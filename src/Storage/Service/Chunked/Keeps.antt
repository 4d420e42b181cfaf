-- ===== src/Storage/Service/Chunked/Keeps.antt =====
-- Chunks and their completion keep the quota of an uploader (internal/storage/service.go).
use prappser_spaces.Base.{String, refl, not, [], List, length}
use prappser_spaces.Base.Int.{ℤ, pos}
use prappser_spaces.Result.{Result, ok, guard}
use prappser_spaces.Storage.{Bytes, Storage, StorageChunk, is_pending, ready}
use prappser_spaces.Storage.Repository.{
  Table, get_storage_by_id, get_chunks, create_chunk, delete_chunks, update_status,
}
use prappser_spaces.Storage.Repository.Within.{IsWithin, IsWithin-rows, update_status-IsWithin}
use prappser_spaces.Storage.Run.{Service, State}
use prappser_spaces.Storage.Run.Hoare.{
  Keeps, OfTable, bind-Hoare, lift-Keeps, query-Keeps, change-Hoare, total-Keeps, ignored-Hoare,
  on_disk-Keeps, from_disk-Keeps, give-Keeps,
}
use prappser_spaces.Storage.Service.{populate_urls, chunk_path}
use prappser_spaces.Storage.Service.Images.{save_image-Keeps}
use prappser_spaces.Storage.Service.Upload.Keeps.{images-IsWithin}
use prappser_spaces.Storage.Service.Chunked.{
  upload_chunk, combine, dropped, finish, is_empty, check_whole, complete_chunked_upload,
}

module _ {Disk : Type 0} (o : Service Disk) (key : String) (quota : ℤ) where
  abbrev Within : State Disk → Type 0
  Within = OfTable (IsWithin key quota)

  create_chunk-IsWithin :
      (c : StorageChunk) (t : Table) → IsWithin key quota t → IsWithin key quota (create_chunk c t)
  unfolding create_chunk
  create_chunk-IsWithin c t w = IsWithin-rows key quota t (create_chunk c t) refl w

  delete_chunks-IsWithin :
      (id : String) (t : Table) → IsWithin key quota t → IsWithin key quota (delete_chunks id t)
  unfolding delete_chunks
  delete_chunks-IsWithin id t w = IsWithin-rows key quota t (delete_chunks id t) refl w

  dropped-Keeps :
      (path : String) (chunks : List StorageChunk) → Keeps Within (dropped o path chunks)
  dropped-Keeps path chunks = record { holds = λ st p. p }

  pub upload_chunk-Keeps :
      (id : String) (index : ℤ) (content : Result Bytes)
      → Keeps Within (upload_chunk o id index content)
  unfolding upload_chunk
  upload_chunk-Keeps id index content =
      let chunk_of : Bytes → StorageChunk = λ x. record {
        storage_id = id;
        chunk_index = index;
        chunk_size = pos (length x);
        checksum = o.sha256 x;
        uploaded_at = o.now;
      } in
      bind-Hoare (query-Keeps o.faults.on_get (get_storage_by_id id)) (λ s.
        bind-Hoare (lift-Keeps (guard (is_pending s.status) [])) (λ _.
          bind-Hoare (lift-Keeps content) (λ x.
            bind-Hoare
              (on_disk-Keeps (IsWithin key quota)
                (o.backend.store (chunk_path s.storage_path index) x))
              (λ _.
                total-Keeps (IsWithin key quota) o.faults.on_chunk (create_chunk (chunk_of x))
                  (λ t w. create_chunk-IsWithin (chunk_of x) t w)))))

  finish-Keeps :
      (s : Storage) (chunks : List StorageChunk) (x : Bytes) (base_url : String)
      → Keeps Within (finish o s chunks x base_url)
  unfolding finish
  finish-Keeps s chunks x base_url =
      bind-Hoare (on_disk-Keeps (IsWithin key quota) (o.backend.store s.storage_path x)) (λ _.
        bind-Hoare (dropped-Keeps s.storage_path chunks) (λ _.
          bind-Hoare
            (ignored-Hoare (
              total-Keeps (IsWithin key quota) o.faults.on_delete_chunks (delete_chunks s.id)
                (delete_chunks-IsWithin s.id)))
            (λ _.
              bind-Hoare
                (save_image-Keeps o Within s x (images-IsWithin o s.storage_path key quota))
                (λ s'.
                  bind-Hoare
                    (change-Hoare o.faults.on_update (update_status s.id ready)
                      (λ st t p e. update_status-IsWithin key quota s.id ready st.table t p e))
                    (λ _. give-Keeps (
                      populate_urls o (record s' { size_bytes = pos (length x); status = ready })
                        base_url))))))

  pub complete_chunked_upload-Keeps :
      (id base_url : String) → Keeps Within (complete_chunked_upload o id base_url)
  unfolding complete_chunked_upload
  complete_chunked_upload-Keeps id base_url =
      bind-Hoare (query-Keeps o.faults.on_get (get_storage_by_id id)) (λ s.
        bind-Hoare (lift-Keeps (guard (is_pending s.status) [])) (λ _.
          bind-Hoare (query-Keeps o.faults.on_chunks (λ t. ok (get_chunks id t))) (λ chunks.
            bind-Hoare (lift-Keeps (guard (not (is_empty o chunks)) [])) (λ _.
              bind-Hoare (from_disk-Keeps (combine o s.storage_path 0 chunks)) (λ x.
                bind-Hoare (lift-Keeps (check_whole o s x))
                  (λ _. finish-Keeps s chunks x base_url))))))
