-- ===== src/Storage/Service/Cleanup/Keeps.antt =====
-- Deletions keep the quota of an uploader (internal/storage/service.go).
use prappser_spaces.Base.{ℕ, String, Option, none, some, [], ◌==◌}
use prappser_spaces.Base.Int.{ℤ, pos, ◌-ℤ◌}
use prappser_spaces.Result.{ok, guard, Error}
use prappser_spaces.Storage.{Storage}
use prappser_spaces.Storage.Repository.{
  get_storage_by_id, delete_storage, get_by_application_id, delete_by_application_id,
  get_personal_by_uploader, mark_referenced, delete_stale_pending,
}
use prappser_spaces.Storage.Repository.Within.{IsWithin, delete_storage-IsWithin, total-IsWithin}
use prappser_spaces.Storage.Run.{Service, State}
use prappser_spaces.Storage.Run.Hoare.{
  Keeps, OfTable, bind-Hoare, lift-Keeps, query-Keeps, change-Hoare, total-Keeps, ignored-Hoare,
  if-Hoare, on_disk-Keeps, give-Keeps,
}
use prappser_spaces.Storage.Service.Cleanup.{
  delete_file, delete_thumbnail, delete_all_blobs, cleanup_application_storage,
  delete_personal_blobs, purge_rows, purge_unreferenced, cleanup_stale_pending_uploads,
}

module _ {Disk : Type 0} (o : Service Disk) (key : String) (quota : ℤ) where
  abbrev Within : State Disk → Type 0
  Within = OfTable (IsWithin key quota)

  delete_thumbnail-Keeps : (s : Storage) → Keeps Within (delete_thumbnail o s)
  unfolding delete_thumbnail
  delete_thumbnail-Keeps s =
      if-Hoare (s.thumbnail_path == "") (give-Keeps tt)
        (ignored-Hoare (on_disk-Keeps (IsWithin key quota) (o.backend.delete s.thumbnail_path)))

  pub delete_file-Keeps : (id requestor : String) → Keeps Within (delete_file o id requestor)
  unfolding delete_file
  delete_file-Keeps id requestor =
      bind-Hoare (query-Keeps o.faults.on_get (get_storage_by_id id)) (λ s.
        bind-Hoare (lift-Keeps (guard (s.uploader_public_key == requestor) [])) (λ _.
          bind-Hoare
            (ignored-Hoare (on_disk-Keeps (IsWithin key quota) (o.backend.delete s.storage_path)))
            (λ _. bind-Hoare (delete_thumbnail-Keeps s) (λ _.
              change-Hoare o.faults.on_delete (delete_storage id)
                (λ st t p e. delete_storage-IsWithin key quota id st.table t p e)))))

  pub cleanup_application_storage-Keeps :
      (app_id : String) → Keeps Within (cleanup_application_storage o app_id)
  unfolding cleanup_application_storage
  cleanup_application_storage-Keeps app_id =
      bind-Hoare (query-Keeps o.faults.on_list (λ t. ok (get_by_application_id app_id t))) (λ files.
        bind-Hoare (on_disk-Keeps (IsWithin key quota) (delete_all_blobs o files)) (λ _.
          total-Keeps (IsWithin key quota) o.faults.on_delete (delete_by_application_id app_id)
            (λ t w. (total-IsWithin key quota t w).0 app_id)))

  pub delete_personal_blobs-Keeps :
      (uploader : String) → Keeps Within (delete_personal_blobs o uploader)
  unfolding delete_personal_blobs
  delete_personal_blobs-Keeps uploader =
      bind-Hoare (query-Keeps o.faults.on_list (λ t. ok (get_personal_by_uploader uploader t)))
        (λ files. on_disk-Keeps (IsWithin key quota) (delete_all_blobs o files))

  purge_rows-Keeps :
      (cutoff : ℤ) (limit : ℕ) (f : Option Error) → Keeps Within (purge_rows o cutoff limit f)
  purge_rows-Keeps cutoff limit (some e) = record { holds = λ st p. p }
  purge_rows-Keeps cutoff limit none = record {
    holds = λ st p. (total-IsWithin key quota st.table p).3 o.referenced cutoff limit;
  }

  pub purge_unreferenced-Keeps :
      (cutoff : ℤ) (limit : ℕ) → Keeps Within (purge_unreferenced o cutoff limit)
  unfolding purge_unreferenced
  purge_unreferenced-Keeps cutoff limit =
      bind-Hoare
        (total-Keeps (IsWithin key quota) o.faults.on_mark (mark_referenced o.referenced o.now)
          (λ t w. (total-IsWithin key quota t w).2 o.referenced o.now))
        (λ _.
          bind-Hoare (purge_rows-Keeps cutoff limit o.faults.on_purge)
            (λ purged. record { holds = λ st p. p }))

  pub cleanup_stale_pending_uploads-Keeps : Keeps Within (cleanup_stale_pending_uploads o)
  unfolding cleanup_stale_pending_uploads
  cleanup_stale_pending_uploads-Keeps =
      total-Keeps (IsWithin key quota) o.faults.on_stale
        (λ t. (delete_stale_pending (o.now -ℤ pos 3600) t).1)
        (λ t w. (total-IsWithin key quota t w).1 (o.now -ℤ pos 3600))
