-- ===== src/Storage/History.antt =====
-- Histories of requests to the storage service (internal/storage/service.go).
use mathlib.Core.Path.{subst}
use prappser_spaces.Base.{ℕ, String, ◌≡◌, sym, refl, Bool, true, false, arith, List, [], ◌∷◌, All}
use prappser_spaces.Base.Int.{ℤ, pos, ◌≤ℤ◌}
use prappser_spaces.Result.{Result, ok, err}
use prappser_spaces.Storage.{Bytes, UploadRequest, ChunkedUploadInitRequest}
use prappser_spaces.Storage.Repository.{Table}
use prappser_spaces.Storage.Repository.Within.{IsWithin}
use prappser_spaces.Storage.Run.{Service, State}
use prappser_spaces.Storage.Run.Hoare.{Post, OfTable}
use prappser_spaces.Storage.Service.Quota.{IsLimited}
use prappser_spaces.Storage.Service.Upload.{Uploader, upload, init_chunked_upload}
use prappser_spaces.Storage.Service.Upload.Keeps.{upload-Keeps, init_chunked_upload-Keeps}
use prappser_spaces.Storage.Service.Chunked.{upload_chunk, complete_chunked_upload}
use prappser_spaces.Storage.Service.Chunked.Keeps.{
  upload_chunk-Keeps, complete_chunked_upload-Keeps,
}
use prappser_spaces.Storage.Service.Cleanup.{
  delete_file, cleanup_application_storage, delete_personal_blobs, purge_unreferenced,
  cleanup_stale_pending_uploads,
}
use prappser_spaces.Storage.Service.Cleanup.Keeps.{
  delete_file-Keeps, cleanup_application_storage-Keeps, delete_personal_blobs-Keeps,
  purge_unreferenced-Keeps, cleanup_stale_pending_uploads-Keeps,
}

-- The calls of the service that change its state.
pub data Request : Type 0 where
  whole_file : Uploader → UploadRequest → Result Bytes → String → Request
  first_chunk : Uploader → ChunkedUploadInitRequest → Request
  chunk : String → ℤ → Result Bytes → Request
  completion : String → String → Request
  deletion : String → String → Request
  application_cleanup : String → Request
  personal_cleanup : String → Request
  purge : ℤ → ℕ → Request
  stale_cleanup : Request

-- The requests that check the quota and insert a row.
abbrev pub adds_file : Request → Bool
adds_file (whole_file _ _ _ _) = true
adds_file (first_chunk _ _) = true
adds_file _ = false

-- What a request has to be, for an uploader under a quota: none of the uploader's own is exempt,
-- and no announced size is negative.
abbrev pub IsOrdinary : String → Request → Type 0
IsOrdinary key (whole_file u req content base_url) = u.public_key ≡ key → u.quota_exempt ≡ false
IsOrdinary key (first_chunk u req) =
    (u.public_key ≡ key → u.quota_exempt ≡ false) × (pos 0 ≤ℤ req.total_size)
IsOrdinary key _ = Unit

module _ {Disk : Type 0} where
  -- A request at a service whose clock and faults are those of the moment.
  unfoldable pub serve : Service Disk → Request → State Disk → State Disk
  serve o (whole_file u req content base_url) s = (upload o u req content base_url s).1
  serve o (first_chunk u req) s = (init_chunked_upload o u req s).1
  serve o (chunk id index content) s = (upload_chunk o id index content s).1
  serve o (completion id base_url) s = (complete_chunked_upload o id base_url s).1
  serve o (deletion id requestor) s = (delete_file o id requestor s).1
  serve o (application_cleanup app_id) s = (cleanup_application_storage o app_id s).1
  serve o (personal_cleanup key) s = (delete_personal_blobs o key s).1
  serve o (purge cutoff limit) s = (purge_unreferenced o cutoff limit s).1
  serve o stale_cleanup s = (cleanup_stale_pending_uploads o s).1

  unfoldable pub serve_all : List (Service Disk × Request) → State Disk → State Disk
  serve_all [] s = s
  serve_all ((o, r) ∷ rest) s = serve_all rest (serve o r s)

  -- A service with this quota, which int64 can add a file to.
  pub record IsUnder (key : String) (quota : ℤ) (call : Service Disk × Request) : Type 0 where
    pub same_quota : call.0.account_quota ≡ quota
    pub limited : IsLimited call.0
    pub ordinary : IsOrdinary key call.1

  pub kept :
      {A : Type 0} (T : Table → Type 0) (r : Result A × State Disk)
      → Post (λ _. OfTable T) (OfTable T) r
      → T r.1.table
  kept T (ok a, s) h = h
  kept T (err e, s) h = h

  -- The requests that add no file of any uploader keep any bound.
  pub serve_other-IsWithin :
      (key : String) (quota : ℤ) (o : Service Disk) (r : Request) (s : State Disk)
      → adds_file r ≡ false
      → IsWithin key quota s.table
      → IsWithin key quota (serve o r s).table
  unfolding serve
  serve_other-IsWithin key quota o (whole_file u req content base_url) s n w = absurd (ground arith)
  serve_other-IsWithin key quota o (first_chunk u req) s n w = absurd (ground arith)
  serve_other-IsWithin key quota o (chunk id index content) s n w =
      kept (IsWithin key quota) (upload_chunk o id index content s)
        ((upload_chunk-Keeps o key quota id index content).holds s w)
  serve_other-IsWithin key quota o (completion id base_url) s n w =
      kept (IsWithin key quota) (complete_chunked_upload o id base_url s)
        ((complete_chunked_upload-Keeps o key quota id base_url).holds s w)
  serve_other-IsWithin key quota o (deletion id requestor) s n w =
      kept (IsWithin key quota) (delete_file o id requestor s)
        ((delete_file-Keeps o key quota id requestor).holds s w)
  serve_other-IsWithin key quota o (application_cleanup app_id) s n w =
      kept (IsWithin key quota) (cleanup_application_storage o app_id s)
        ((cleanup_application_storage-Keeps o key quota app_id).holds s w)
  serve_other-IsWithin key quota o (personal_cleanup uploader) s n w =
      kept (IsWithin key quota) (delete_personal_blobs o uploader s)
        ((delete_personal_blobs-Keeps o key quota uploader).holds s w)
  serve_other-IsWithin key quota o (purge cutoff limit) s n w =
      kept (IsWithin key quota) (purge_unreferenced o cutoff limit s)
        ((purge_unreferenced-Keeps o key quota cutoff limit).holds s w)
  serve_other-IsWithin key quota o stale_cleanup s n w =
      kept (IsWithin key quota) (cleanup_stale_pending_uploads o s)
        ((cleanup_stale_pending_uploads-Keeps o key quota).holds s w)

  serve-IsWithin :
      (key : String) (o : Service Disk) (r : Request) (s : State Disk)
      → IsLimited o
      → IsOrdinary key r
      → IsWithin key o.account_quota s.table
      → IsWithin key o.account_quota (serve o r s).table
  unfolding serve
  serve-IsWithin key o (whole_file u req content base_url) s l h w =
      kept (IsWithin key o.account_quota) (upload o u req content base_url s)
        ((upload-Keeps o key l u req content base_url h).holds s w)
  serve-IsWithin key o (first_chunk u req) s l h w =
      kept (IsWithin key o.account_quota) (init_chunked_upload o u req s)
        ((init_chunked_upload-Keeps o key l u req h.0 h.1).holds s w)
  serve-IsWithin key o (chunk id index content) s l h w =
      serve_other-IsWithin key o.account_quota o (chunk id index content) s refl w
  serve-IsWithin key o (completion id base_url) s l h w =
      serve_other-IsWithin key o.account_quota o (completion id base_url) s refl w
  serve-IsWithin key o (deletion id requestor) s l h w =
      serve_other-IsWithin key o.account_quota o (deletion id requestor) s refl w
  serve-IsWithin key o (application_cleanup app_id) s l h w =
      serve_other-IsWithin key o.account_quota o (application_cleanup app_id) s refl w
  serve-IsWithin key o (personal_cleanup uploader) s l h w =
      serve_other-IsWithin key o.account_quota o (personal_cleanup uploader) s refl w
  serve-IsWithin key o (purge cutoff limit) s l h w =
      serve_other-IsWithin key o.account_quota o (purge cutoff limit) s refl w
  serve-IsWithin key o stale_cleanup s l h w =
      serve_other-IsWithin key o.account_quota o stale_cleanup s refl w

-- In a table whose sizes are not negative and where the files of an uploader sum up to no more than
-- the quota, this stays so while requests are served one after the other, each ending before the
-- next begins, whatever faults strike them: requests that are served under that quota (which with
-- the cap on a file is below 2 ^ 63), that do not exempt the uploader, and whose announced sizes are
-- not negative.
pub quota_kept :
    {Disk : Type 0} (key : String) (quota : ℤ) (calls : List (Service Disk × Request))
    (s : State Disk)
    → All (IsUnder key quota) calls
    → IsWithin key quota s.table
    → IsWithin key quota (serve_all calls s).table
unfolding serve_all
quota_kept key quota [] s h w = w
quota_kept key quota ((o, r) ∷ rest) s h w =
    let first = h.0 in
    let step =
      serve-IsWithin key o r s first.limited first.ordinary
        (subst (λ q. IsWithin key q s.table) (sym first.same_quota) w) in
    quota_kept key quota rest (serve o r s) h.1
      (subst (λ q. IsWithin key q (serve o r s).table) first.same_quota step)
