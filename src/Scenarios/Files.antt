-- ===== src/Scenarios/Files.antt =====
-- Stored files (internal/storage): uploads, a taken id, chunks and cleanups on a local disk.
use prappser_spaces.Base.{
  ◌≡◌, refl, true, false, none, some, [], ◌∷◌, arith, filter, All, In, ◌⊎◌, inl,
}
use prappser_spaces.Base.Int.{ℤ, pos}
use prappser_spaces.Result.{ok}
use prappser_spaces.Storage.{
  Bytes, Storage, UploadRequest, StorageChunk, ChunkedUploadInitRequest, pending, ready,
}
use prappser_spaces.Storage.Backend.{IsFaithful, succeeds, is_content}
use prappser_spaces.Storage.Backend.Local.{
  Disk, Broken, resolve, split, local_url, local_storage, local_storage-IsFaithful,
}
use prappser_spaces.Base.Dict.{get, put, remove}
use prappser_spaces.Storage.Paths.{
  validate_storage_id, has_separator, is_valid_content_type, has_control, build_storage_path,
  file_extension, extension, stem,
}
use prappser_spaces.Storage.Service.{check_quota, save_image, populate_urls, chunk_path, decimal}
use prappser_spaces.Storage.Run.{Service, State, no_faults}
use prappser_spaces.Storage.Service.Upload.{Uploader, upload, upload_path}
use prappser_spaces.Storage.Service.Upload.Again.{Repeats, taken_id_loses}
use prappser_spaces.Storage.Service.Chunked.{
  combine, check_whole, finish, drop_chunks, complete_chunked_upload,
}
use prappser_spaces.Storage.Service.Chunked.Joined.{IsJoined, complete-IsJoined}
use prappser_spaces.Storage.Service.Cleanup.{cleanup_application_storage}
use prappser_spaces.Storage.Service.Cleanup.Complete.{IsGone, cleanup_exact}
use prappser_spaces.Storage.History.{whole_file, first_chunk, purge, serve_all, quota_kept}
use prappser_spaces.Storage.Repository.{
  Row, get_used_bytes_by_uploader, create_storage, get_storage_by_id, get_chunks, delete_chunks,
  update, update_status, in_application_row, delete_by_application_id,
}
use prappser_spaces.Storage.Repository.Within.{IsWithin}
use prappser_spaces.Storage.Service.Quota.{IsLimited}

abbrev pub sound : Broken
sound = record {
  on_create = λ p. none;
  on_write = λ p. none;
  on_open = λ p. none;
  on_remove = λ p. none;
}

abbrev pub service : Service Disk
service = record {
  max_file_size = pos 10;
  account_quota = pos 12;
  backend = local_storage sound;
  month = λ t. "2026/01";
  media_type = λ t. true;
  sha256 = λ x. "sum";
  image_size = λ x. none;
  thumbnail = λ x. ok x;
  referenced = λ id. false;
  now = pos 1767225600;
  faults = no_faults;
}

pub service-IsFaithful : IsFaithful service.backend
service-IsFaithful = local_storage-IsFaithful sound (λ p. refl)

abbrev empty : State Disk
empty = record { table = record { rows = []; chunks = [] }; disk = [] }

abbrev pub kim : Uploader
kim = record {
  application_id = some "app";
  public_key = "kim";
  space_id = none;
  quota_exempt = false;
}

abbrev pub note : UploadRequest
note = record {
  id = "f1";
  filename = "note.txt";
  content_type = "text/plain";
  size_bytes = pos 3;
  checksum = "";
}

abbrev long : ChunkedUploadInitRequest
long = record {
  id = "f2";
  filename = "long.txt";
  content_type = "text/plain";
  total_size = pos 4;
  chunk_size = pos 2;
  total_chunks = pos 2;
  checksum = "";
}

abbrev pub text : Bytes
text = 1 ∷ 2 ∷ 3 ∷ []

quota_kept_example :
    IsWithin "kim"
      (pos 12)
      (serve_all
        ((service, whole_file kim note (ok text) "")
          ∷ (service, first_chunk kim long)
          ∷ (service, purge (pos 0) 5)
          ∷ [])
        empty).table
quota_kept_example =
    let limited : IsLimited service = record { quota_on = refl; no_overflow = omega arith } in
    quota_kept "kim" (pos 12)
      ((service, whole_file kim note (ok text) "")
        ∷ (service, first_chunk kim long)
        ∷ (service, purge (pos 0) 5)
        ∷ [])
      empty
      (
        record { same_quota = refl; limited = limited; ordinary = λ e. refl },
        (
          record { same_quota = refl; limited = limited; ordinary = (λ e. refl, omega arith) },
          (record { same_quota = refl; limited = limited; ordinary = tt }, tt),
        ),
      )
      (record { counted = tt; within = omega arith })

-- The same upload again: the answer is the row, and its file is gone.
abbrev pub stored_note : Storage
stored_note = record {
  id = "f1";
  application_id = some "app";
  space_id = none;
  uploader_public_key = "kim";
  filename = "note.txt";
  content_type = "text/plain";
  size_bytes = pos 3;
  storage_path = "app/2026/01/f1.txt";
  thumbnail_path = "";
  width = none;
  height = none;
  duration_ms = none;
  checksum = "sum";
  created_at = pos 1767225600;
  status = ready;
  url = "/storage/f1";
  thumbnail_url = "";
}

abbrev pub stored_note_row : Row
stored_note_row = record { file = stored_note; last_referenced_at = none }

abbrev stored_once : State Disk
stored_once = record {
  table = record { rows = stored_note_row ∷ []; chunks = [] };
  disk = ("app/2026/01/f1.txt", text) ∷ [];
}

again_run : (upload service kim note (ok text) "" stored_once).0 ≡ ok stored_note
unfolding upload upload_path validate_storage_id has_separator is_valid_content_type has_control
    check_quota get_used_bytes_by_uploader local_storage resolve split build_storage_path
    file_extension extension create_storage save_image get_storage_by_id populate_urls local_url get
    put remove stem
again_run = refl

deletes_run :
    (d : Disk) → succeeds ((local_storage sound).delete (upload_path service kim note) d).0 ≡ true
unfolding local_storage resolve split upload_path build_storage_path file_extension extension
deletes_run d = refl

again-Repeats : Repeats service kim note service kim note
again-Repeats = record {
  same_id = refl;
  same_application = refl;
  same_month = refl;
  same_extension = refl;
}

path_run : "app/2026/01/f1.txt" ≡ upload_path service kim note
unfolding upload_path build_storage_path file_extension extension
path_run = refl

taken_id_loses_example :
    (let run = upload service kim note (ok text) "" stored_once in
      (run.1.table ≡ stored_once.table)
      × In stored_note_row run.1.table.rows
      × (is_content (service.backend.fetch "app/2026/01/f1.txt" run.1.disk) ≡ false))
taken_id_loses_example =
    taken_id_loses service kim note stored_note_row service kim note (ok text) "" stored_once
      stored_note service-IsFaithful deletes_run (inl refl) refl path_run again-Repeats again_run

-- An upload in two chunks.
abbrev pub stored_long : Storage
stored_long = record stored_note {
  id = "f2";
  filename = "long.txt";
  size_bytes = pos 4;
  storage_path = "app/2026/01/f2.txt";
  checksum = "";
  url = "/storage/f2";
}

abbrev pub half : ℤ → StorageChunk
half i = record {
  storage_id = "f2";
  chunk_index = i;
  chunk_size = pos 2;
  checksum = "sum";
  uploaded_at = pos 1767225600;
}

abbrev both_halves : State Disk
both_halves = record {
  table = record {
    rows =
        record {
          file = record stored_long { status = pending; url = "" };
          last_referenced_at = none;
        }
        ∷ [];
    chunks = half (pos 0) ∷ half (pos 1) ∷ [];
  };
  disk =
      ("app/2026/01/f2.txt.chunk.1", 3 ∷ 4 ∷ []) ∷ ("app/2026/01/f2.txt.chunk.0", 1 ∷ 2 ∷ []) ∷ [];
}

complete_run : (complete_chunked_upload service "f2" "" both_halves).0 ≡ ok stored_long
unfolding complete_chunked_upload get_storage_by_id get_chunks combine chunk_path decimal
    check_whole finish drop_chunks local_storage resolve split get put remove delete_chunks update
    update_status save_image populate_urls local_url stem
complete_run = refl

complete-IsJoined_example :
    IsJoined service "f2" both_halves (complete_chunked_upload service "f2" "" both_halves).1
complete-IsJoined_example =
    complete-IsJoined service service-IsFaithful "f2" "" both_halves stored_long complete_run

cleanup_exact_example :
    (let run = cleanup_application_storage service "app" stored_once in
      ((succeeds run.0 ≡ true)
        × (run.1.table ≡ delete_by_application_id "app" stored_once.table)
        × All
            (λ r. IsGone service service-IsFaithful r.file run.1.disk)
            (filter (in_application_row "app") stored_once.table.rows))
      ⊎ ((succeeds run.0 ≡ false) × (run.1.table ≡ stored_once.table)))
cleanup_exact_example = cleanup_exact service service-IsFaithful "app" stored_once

════════════════════

→ WHAT YOU HAVE TO DO
Leave out every line above except those from the line with "bind-Hoare (from_disk-Keeps (combine" up to and including the line with "delete_file-Keeps id requestor", and copy those exactly.

→ EXERCISE RESPONSE
              bind-Hoare (from_disk-Keeps (combine o s.storage_path 0 chunks)) (λ x.
                bind-Hoare (lift-Keeps (check_whole o s x))
                  (λ _. finish-Keeps s chunks x base_url))))))
-- ===== src/Storage/Service/Cleanup/Keeps.antt =====
-- Deletions keep the quota of an uploader (internal/storage/service.go).
use prappser_spaces.Base.{ℕ, String, Option, none, some, [], ◌==◌}
use prappser_spaces.Base.Int.{ℤ, pos, ◌-ℤ◌}
use prappser_spaces.Result.{ok, guard, Error}
use prappser_spaces.Storage.{Storage}
use prappser_spaces.Storage.Repository.{
  get_storage_by_id, delete_storage, get_by_application_id, delete_by_application_id,
  get_personal_by_uploader, mark_referenced, delete_stale_pending,
}
use prappser_spaces.Storage.Repository.Within.{IsWithin, delete_storage-IsWithin, total-IsWithin}
use prappser_spaces.Storage.Run.{Service, State}
use prappser_spaces.Storage.Run.Hoare.{
  Keeps, OfTable, bind-Hoare, lift-Keeps, query-Keeps, change-Hoare, total-Keeps, ignored-Hoare,
  if-Hoare, on_disk-Keeps, give-Keeps,
}
use prappser_spaces.Storage.Service.Cleanup.{
  delete_file, delete_thumbnail, delete_all_blobs, cleanup_application_storage,
  delete_personal_blobs, purge_rows, purge_unreferenced, cleanup_stale_pending_uploads,
}

module _ {Disk : Type 0} (o : Service Disk) (key : String) (quota : ℤ) where
  abbrev Within : State Disk → Type 0
  Within = OfTable (IsWithin key quota)

  delete_thumbnail-Keeps : (s : Storage) → Keeps Within (delete_thumbnail o s)
  unfolding delete_thumbnail
  delete_thumbnail-Keeps s =
      if-Hoare (s.thumbnail_path == "") (give-Keeps tt)
        (ignored-Hoare (on_disk-Keeps (IsWithin key quota) (o.backend.delete s.thumbnail_path)))

  pub delete_file-Keeps : (id requestor : String) → Keeps Within (delete_file o id requestor)
  unfolding delete_file
  delete_file-Keeps id requestor =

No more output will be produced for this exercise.